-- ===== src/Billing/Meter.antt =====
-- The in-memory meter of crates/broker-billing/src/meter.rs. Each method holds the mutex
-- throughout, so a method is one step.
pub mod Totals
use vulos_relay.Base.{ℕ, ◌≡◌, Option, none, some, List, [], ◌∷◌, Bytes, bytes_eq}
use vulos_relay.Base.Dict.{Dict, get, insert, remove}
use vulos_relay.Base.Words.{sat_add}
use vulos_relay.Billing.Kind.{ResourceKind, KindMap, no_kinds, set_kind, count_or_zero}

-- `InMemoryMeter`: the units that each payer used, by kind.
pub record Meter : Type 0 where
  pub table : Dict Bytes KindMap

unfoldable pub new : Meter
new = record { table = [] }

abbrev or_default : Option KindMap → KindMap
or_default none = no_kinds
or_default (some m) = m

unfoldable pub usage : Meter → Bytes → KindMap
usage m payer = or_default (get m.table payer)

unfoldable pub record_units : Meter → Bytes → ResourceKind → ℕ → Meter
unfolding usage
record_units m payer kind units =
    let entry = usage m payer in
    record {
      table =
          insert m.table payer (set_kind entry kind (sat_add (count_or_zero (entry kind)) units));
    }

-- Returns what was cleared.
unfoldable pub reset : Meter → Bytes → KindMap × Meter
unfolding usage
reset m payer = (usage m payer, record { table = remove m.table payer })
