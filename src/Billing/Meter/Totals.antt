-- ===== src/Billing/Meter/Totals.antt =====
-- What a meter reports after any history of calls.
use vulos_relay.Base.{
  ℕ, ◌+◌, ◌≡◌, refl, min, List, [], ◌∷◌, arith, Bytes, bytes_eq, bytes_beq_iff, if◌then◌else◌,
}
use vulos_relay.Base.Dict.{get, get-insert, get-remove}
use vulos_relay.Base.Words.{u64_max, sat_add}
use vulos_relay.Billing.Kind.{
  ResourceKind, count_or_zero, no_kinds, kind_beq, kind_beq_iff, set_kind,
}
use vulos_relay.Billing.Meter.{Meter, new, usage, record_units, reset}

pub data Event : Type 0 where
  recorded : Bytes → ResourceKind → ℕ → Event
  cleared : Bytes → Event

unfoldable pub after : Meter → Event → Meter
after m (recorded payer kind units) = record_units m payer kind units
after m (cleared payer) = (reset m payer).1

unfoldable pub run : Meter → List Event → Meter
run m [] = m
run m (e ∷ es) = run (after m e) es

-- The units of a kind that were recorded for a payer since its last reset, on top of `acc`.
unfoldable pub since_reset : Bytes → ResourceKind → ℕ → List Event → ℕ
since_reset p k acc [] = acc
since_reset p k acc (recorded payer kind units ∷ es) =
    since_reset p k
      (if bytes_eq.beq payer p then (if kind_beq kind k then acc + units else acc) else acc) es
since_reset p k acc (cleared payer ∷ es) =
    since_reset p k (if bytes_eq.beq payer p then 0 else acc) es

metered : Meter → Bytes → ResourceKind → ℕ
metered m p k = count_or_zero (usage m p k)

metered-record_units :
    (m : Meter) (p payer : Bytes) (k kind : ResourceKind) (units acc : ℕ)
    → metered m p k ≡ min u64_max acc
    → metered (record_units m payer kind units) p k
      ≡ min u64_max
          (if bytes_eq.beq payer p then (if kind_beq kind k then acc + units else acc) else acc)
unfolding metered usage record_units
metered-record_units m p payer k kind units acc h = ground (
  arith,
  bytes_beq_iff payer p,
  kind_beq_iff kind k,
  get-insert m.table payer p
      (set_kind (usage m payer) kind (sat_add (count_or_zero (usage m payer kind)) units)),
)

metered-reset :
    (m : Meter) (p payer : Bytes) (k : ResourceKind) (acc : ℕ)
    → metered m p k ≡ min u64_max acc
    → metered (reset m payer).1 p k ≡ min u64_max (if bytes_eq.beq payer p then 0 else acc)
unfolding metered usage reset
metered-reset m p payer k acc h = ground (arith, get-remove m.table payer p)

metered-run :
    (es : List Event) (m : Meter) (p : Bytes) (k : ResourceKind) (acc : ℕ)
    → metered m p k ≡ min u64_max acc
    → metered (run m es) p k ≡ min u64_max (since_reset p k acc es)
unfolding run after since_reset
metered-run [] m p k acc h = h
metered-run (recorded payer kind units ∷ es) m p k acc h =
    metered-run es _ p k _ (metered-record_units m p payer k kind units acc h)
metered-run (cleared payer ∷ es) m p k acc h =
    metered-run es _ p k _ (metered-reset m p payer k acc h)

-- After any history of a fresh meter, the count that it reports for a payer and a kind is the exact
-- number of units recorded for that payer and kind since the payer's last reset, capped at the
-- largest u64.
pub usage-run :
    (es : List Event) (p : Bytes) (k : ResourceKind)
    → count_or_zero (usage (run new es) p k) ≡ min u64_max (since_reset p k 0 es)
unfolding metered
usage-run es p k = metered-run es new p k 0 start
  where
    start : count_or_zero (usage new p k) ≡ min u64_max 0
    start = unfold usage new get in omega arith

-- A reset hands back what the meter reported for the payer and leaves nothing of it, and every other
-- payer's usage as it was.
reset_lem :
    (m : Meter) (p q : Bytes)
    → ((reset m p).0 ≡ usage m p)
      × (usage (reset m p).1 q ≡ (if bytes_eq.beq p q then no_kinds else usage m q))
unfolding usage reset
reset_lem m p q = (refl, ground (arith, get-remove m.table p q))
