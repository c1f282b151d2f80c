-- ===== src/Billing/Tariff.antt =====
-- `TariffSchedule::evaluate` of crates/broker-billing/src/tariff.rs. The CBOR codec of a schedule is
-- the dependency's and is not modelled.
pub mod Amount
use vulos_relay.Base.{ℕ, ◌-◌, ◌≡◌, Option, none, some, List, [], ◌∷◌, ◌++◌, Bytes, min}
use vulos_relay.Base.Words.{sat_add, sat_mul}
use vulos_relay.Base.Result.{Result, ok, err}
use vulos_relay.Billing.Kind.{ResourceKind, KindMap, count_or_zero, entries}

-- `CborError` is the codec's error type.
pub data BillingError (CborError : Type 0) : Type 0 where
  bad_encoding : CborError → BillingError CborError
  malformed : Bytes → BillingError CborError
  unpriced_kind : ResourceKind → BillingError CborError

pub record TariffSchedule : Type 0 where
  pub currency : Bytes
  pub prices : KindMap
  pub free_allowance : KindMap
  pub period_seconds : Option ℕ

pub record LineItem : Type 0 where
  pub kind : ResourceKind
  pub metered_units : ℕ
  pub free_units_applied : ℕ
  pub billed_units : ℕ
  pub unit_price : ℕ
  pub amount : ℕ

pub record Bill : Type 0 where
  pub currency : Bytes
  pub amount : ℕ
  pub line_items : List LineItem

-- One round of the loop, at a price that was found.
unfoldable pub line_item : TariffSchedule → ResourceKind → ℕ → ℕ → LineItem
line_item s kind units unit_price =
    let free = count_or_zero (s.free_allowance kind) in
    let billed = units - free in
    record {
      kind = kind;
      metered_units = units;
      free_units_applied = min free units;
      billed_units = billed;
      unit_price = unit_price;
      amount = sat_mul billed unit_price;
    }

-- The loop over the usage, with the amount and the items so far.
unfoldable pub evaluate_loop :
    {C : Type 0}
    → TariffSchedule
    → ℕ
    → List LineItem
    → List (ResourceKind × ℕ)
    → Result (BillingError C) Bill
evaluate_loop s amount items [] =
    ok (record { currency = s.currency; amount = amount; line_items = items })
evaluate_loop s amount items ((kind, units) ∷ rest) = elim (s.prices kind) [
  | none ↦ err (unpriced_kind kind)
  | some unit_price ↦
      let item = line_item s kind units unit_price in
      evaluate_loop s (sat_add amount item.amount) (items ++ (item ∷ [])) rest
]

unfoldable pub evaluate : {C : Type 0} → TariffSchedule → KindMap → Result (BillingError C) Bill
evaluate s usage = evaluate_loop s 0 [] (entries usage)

#####

### Aim of the task
Wherever the word "then" appears in the listing, copy the line that holds it.

### Solution for this task
  ℕ, ◌+◌, ◌≡◌, refl, min, List, [], ◌∷◌, arith, Bytes, bytes_eq, bytes_beq_iff, if◌then◌else◌,
      (if bytes_eq.beq payer p then (if kind_beq kind k then acc + units else acc) else acc) es
    since_reset p k (if bytes_eq.beq payer p then 0 else acc) es
          (if bytes_eq.beq payer p then (if kind_beq kind k then acc + units else acc) else acc)
    → metered (reset m payer).1 p k ≡ min u64_max (if bytes_eq.beq payer p then 0 else acc)
      × (usage (reset m p).1 q ≡ (if bytes_eq.beq p q then no_kinds else usage m q))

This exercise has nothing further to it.